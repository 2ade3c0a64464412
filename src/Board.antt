-- ===== src/Board.antt =====
-- web/src/modules/whiteboard/components/whiteboard-canvas.tsx: the document of a board. The canvas
-- package, `JSON.parse` and the decoding of frames are parameters.
pub mod Sending
pub mod Mermaid
pub mod Laws
pub mod Live
mod Tests
mod LiveTests
use scylladb_grpc_microservi.Common.{
  String, Bool, true, false, Option, none, some, List, [], ◌∷◌, ◌++◌, truthy, is_some, opt_is,
  if◌then◌else◌,
}

-- A parsed message. `no_object` stands for a text that does not parse and for a value that is no
-- object. `document` is the member of this name, `none` where there is none; it is falsy in the inner
-- option's `none`. A document is its text.
pub data Payload : Type 0 where
  no_object : Payload
  object : (document : Option (Option String)) (type : Option String) (whole : String) → Payload

unfoldable pub extract_document_payload : Payload → Option String
extract_document_payload no_object = none
extract_document_payload (object (some document) type whole) = document
extract_document_payload (object none type whole) = if opt_is type "ack" then none else some whole

-- `editor` tells whether an editor is set; `loaded_documents` are the documents given to
-- `loadSnapshot`, the latest first.
pub record BoardState : Type 0 where
  pub editor : Bool
  pub pending_document : Option String
  pub loaded_snapshot : Bool
  pub loaded_documents : List String

unfoldable pub apply_snapshot : Option String → BoardState → BoardState
apply_snapshot none s = s
apply_snapshot (some d) s = record s {
  loaded_documents = d ∷ s.loaded_documents;
  loaded_snapshot = true;
  pending_document = none;
}

unfoldable pub show_document : Option String → BoardState → BoardState
show_document none s = s
show_document (some d) s =
    if s.editor then apply_snapshot (some d) s else record s { pending_document = some d }

-- The message listener, on the parsed text of the frame; a frame without a text, or with an empty one,
-- is `none`.
unfoldable pub on_message : Option Payload → BoardState → BoardState
on_message none s = s
on_message (some p) s = show_document (extract_document_payload p) s

-- The editor is set, and the effects that follow. What the canvas sends is not part of the state.
unfoldable pub on_mount : BoardState → BoardState
on_mount s =
    let s' = record s { editor = true } in
    if s.loaded_snapshot then s' else apply_snapshot s.pending_document s'
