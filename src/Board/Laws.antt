-- ===== src/Board/Laws.antt =====
-- web/src/modules/whiteboard/components/whiteboard-canvas.tsx: which document the canvas shows.
use scylladb_grpc_microservi.Common.{
  String, false, Option, none, some, List, [], ◌∷◌, ◌≡◌, refl, ◌∙◌, ap, arith, if◌then◌else◌,
}
use scylladb_grpc_microservi.Board.{
  Payload, extract_document_payload, BoardState, apply_snapshot, show_document, on_message,
  on_mount,
}

pub on_messages : List (Option Payload) → BoardState → BoardState
on_messages [] s = s
on_messages (m ∷ ms) s = on_messages ms (on_message m s)

-- The document of a message, if it has one.
abbrev pub document_of : Option Payload → Option String
document_of none = none
document_of (some p) = extract_document_payload p

-- The document of the last message that has one, or else `d`.
abbrev pub last_document : List (Option Payload) → Option String → Option String
last_document [] d = d
last_document (m ∷ ms) d = last_document ms (elim (document_of m) [ none ↦ d | some e ↦ some e ])

-- What the canvas shows, or will show when it is mounted.
abbrev pub shown : BoardState → Option String
shown s =
    if s.editor then elim s.loaded_documents [ [] ↦ none | d ∷ ds ↦ some d ] else s.pending_document

show_document-shown :
    (o : Option String) (s : BoardState)
    → shown (show_document o s) ≡ elim o [ none ↦ shown s | some e ↦ some e ]
unfolding show_document apply_snapshot
show_document-shown none s = refl
show_document-shown (some d) s = ground arith

on_message-shown :
    (m : Option Payload) (s : BoardState)
    → shown (on_message m s) ≡ elim (document_of m) [ none ↦ shown s | some e ↦ some e ]
unfolding on_message
on_message-shown none s = refl
on_message-shown (some p) s = show_document-shown (extract_document_payload p) s

-- Whatever messages come, the canvas shows (or, before it is mounted, will be given) the document of
-- the last message that has one, or else what it showed before.
pub on_messages-shown :
    (ms : List (Option Payload)) (s : BoardState)
    → shown (on_messages ms s) ≡ last_document ms (shown s)
unfolding on_messages
on_messages-shown [] s = refl
on_messages-shown (m ∷ ms) s =
    on_messages-shown ms (on_message m s) ∙ ap (last_document ms) (on_message-shown m s)

show_document_off :
    (o : Option String) (s : BoardState)
    → s.editor ≡ false
    → show_document o s
      ≡ record s { pending_document = elim o [ none ↦ s.pending_document | some e ↦ some e ] }
unfolding show_document
show_document_off none s off = refl
show_document_off (some d) s off = rw off refl

on_message_off :
    (m : Option Payload) (s : BoardState)
    → s.editor ≡ false
    → on_message m s ≡ record s { pending_document = last_document (m ∷ []) s.pending_document }
unfolding on_message
on_message_off none s off = refl
on_message_off (some p) s off = show_document_off (extract_document_payload p) s off

on_messages_off :
    (ms : List (Option Payload)) (s : BoardState)
    → s.editor ≡ false
    → on_messages ms s ≡ record s { pending_document = last_document ms s.pending_document }
unfolding on_messages
on_messages_off [] s off = refl
on_messages_off (m ∷ ms) s off =
    let s' = record s { pending_document = last_document (m ∷ []) s.pending_document } in
    ap (on_messages ms) (on_message_off m s off) ∙ on_messages_off ms s' off

mount_shows :
    (d : Option String) (s : BoardState)
    → s.loaded_snapshot ≡ false
    → s.loaded_documents ≡ []
    → shown (on_mount (record s { pending_document = d })) ≡ d
unfolding on_mount apply_snapshot
mount_shows none s fresh blank = rw (fresh, blank) refl
mount_shows (some d) s fresh blank = rw fresh refl

-- A canvas that is mounted for the first time, after any messages, shows the document of the last
-- message that has one, or else the one that was pending.
pub on_mount-shown :
    (ms : List (Option Payload)) (s : BoardState)
    → s.editor ≡ false
    → s.loaded_snapshot ≡ false
    → s.loaded_documents ≡ []
    → shown (on_mount (on_messages ms s)) ≡ last_document ms s.pending_document
on_mount-shown ms s off fresh blank =
    ap (λ t. shown (on_mount t)) (on_messages_off ms s off)
    ∙ mount_shows (last_document ms s.pending_document) s fresh blank
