-- ===== src/Room/State.antt =====
-- web/src/lib/board-socket-manager.ts: the state of a room, and the helpers that every operation uses.
use scylladb_grpc_microservi.Common.{
  ℕ, ◌+◌, ◌*◌, ◌^◌, String, Bool, true, false, Option, none, some, List, [], ◌∷◌, ◌++◌, ◌==◌, leb,
  if◌then◌else◌,
}

-- `opened` stands for "open".
pub data SocketState : Type 0 where
  connecting opened closed error : SocketState

-- `WebSocket.readyState`, `opened` for OPEN; `absent` where no socket has been made.
pub data ReadyState : Type 0 where
  absent connecting opened closing closed : ReadyState

pub record ConnectOptions : Type 0 where
  pub ws_url : String
  pub path : String

-- A frame, a text or the bytes of a buffer.
pub data Message : Type 0 where
  text : String → Message
  buffer : List ℕ → Message

-- `retry_timer` is the delay of a timer that is running. `retry` is the attempt, if any, whose promise
-- the timer's callback waits for.
pub record SocketEntry : Type 0 where
  pub ready : ReadyState
  pub opts : ConnectOptions
  pub ticket : String
  pub retries : ℕ
  pub retry_timer : Option ℕ
  pub retry : Option ℕ

-- `sent` holds what went to `ws.send`, with the socket that it went to, in order; `notified` the
-- states passed to `notifyState`.
pub record Room : Type 0 where
  pub token : Option ℕ
  pub socket : Option ℕ
  pub pending : Option ℕ
  pub aborted : ℕ → Bool
  pub entries : ℕ → SocketEntry
  pub queue : Option (List Message)
  pub sent : List (ℕ × Message)
  pub notified : List SocketState

abbrev pub update {ℓ} : {A : Type ℓ} → (ℕ → A) → ℕ → A → ℕ → A
update f i a j = if i == j then a else f j

abbrev pub no_entry : SocketEntry
no_entry = record {
  ready = ReadyState.absent;
  opts = record { ws_url = ""; path = "" };
  ticket = "";
  retries = 0;
  retry_timer = none;
  retry = none;
}

unfoldable pub new_room : Room
new_room = record {
  token = none;
  socket = none;
  pending = none;
  aborted = λ t. false;
  entries = λ t. no_entry;
  queue = none;
  sent = [];
  notified = [];
}

abbrev pub or_zero : Option ℕ → ℕ
or_zero none = 0
or_zero (some n) = n

-- `connectionTokens.get(roomId) === token`
abbrev pub token_is : Room → ℕ → Bool
token_is r t = elim r.token [ none ↦ false | some c ↦ c == t ]

abbrev pub is_open : ReadyState → Bool
is_open ReadyState.opened = true
is_open _ = false

abbrev pub is_connecting : ReadyState → Bool
is_connecting ReadyState.connecting = true
is_connecting _ = false

-- `existing?.ws.readyState`
abbrev pub socket_ready : Room → ReadyState
socket_ready r = elim r.socket [ none ↦ ReadyState.absent | some t ↦ (r.entries t).ready ]

unfoldable pub notify_state : SocketState → Room → Room
notify_state s r = record r { notified = r.notified ++ s ∷ [] }

abbrev pub set_entry : ℕ → SocketEntry → Room → Room
set_entry t e r = record r { entries = update r.entries t e }

-- `ws.close()`: a socket that is not closed begins to close.
abbrev pub close_ready : ReadyState → ReadyState
close_ready ReadyState.absent = ReadyState.absent
close_ready ReadyState.closed = ReadyState.closed
close_ready _ = ReadyState.closing

abbrev pub close_socket : ℕ → Room → Room
close_socket t r = set_entry t (record (r.entries t) { ready = close_ready (r.entries t).ready }) r

abbrev pub send_all : ℕ → List Message → List (ℕ × Message)
send_all t [] = []
send_all t (m ∷ ms) = (t, m) ∷ send_all t ms

abbrev pub queued : Option (List Message) → List Message
queued none = []
queued (some ms) = ms

unfoldable pub flush_queue : ℕ → Room → Room
flush_queue t r = record r { queue = none; sent = r.sent ++ send_all t (queued r.queue) }

-- `Math.min(500 * 2 ** retries, 30_000)`
unfoldable pub backoff : ℕ → ℕ
backoff retries = if leb (500 * 2 ^ retries) 30000 then 500 * 2 ^ retries else 30000

unfoldable pub schedule_reconnect : ℕ → Room → Room
schedule_reconnect t r =
    let e = r.entries t in
    if token_is r t
    then set_entry t (record e { retries = e.retries + 1; retry_timer = some (backoff e.retries) })
        r
    else r

-- A pending attempt that is not the current one is aborted and forgotten.
abbrev pub evict : ℕ → Room → Room
evict p r = record r { aborted = update r.aborted p true; pending = none }
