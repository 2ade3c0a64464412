-- ===== src/Room/Connect.antt =====
-- web/src/lib/board-socket-manager.ts: `connectRoom`, in the pieces between its pauses.
use scylladb_grpc_microservi.Common.{
  ℕ, ◌+◌, String, Bool, none, some, ◌==◌, not, ◌||◌, if◌then◌else◌,
}
use scylladb_grpc_microservi.Room.State.{
  SocketState, ReadyState, ConnectOptions, Room, no_entry, or_zero, token_is, is_open,
  is_connecting, notify_state, set_entry, evict,
}

-- What `connectRoom` returns: the open socket, the promise of the pending attempt, a promise of the
-- socket that is connecting, or the promise of a new attempt.
pub data Connection : Type 0 where
  existing joined waiting started : ℕ → Connection

-- The new attempt, up to its first pause.
unfoldable pub start_attempt : Room → Room × Connection
unfolding notify_state
start_attempt r =
    let t = or_zero r.token + 1 in
    (
      record (notify_state SocketState.connecting (record r { token = some t })) {
        pending = some t;
      },
      started t,
    )

unfoldable pub connect_or_wait : Room → Room × Connection
connect_or_wait r = elim r.socket [
  | none ↦ start_attempt r
  | some t ↦ if is_connecting (r.entries t).ready then (r, waiting t) else start_attempt r
]

unfoldable pub connect_unless_pending : Room → Room × Connection
connect_unless_pending r = elim r.pending [
  | none ↦ connect_or_wait r
  | some p ↦ if p == or_zero r.token then (r, joined p) else connect_or_wait (evict p r)
]

-- `connectRoom`, up to its first pause.
unfoldable pub connect_room : Room → Room × Connection
connect_room r = elim r.socket [
  | none ↦ connect_unless_pending r
  | some t ↦ if is_open (r.entries t).ready then (r, existing t) else connect_unless_pending r
]

-- How an attempt's ticket request and the making of its socket end.
pub data TicketOutcome : Type 0 where
  ready : ConnectOptions → String → TicketOutcome
  failed : TicketOutcome

pub data AttemptResult : Type 0 where
  made : ℕ → AttemptResult
  superseded : AttemptResult
  rejected : AttemptResult

abbrev pub is_superseded : ℕ → Room → Bool
is_superseded t r = r.aborted t || not (token_is r t)

-- The attempt behind `await opts.fetchTicket`, its `catch` included.
unfoldable pub resume_attempt : ℕ → TicketOutcome → Room → Room × AttemptResult
resume_attempt t failed r =
    if is_superseded t r then (r, superseded) else (notify_state SocketState.error r, rejected)
resume_attempt t (ready opts ticket) r = if is_superseded t r then (r, superseded) else (
  record (set_entry t
      (record no_entry { ready = ReadyState.connecting; opts = opts; ticket = ticket }) r) {
        socket = some t;
      },
  made t,
)

-- The `finally` block.
unfoldable pub settle : ℕ → Room → Room
settle t r = elim r.pending [
  | none ↦ r
  | some p ↦ if p == t then record r { pending = none } else r
]

-- The rest of an attempt, in one piece: between its end and the `finally` block only the reactions of
-- promises run.
unfoldable pub finish_attempt : ℕ → TicketOutcome → Room → Room × AttemptResult
finish_attempt t outcome r = let (r', result) = resume_attempt t outcome r in (settle t r', result)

> **Task item**: Using the entries above, repeat only the lines from the one containing "abbrev pub token_is : Room → ℕ → Bool" through the one containing "abbrev pub evict : ℕ → Room → Room", end lines included.

> **Written answer**:
abbrev pub token_is : Room → ℕ → Bool
token_is r t = elim r.token [ none ↦ false | some c ↦ c == t ]

abbrev pub is_open : ReadyState → Bool
is_open ReadyState.opened = true
is_open _ = false

abbrev pub is_connecting : ReadyState → Bool
is_connecting ReadyState.connecting = true
is_connecting _ = false

-- `existing?.ws.readyState`
abbrev pub socket_ready : Room → ReadyState
socket_ready r = elim r.socket [ none ↦ ReadyState.absent | some t ↦ (r.entries t).ready ]

unfoldable pub notify_state : SocketState → Room → Room
notify_state s r = record r { notified = r.notified ++ s ∷ [] }

abbrev pub set_entry : ℕ → SocketEntry → Room → Room
set_entry t e r = record r { entries = update r.entries t e }

-- `ws.close()`: a socket that is not closed begins to close.
abbrev pub close_ready : ReadyState → ReadyState
close_ready ReadyState.absent = ReadyState.absent
close_ready ReadyState.closed = ReadyState.closed
close_ready _ = ReadyState.closing

abbrev pub close_socket : ℕ → Room → Room
close_socket t r = set_entry t (record (r.entries t) { ready = close_ready (r.entries t).ready }) r

abbrev pub send_all : ℕ → List Message → List (ℕ × Message)
send_all t [] = []
send_all t (m ∷ ms) = (t, m) ∷ send_all t ms

abbrev pub queued : Option (List Message) → List Message
queued none = []
queued (some ms) = ms

unfoldable pub flush_queue : ℕ → Room → Room
flush_queue t r = record r { queue = none; sent = r.sent ++ send_all t (queued r.queue) }

-- `Math.min(500 * 2 ** retries, 30_000)`
unfoldable pub backoff : ℕ → ℕ
backoff retries = if leb (500 * 2 ^ retries) 30000 then 500 * 2 ^ retries else 30000

unfoldable pub schedule_reconnect : ℕ → Room → Room
schedule_reconnect t r =
    let e = r.entries t in
    if token_is r t
    then set_entry t (record e { retries = e.retries + 1; retry_timer = some (backoff e.retries) })
        r
    else r

-- A pending attempt that is not the current one is aborted and forgotten.
abbrev pub evict : ℕ → Room → Room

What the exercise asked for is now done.